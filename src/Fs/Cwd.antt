-- ===== src/Fs/Cwd.antt =====
-- src/fs/misc.rs: the working directory and the path of the program.
pub mod Laws
use libuv_rs.Common.{
  ℕ, zero, suc, ◌+◌, ◌-◌, ◌*◌, ◌^◌, ◌==◌, Option, none, some, List, length, ltb, if◌then◌else◌,
  take,
}
use libuv_rs.Common.Int.{ℤ}
use libuv_rs.HandleType.{HandleType, UvHandleType, from_inner as handle_type_from_inner}
use libuv_rs.Memory.Effect.{
  World, Fault, Eff, pure, crash, ◌>>=◌, ◌>>◌, Env, ask, uvret, c_string_new,
}
use libuv_rs.Buf.Storage.{isize_max}
use libuv_rs.Texts.{UvText, uv_cwd, uv_cwd_null, uv_exepath, text_of}

unfoldable pub chdir : Env → (World → List ℕ → ℤ) → List ℕ → Eff (Unit {0})
unfolding c_string_new ask uvret
chdir env uv_chdir path = do s ← c_string_new path; code ← ask (λ w. uv_chdir w s); uvret env code

-- `set_len(size)`, and the text up to the last byte.
unfoldable pub cwd_text : (capacity size : ℕ) → List ℕ → Eff (List ℕ)
cwd_text capacity size bytes =
    if ltb capacity size
    then crash Fault.out_of_bounds
    else if ltb (length bytes) size
    then crash Fault.uninitialised
    else if size == 0
    then crash Fault.out_of_bounds
    else pure (take (size - 1) bytes)

module _ (env : Env) (libuv : UvText) where
  -- The first call, `uv_cwd_null`, has a null buffer; its code is not looked at.
  unfoldable pub cwd : Eff (List ℕ)
  unfolding ask uvret cwd_text
  cwd = do
    first ← ask (λ w. libuv.uv_text w uv_cwd_null 0)
    if ltb isize_max first.1 then crash Fault.panic else (do
      second ← ask (λ w. libuv.uv_text w uv_cwd first.1)
      uvret env second.0
      cwd_text first.1 second.1 second.2)

  -- The loop `while size == allocated - 1`, with fuel; none if that runs out. A buffer that does
  -- not fit in memory is a panic.
  unfoldable pub exepath_loop : (fuel allocated size : ℕ) → List ℕ → Eff (Option (List ℕ))
  unfolding ask uvret text_of
  exepath_loop zero allocated size text = pure none
  exepath_loop (suc fuel) allocated size text =
      if size == allocated - 1
      then (if ltb isize_max (allocated * 2) then crash Fault.panic else (do
        answer ← ask (λ w. libuv.uv_text w uv_exepath (allocated * 2))
        uvret env answer.0
        read ← text_of (allocated * 2) answer.1 answer.2
        exepath_loop fuel (allocated * 2) answer.1 read))
      else pure (some text)

  unfoldable pub exepath : (fuel : ℕ) → Eff (Option (List ℕ))
  exepath fuel = exepath_loop fuel 32 31 List.[]

unfoldable pub guess_handle : (UvHandleType → ℤ) → (ℤ → ℤ) → ℤ → HandleType
unfolding handle_type_from_inner
guess_handle handle_type uv_guess_handle file =
    handle_type_from_inner handle_type (uv_guess_handle file)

• **Work instruction**:
The response must give every line from the material above that holds the string "read".

• **Solved problem**:
        read ← text_of (allocated * 2) answer.1 answer.2
        exepath_loop fuel (allocated * 2) answer.1 read))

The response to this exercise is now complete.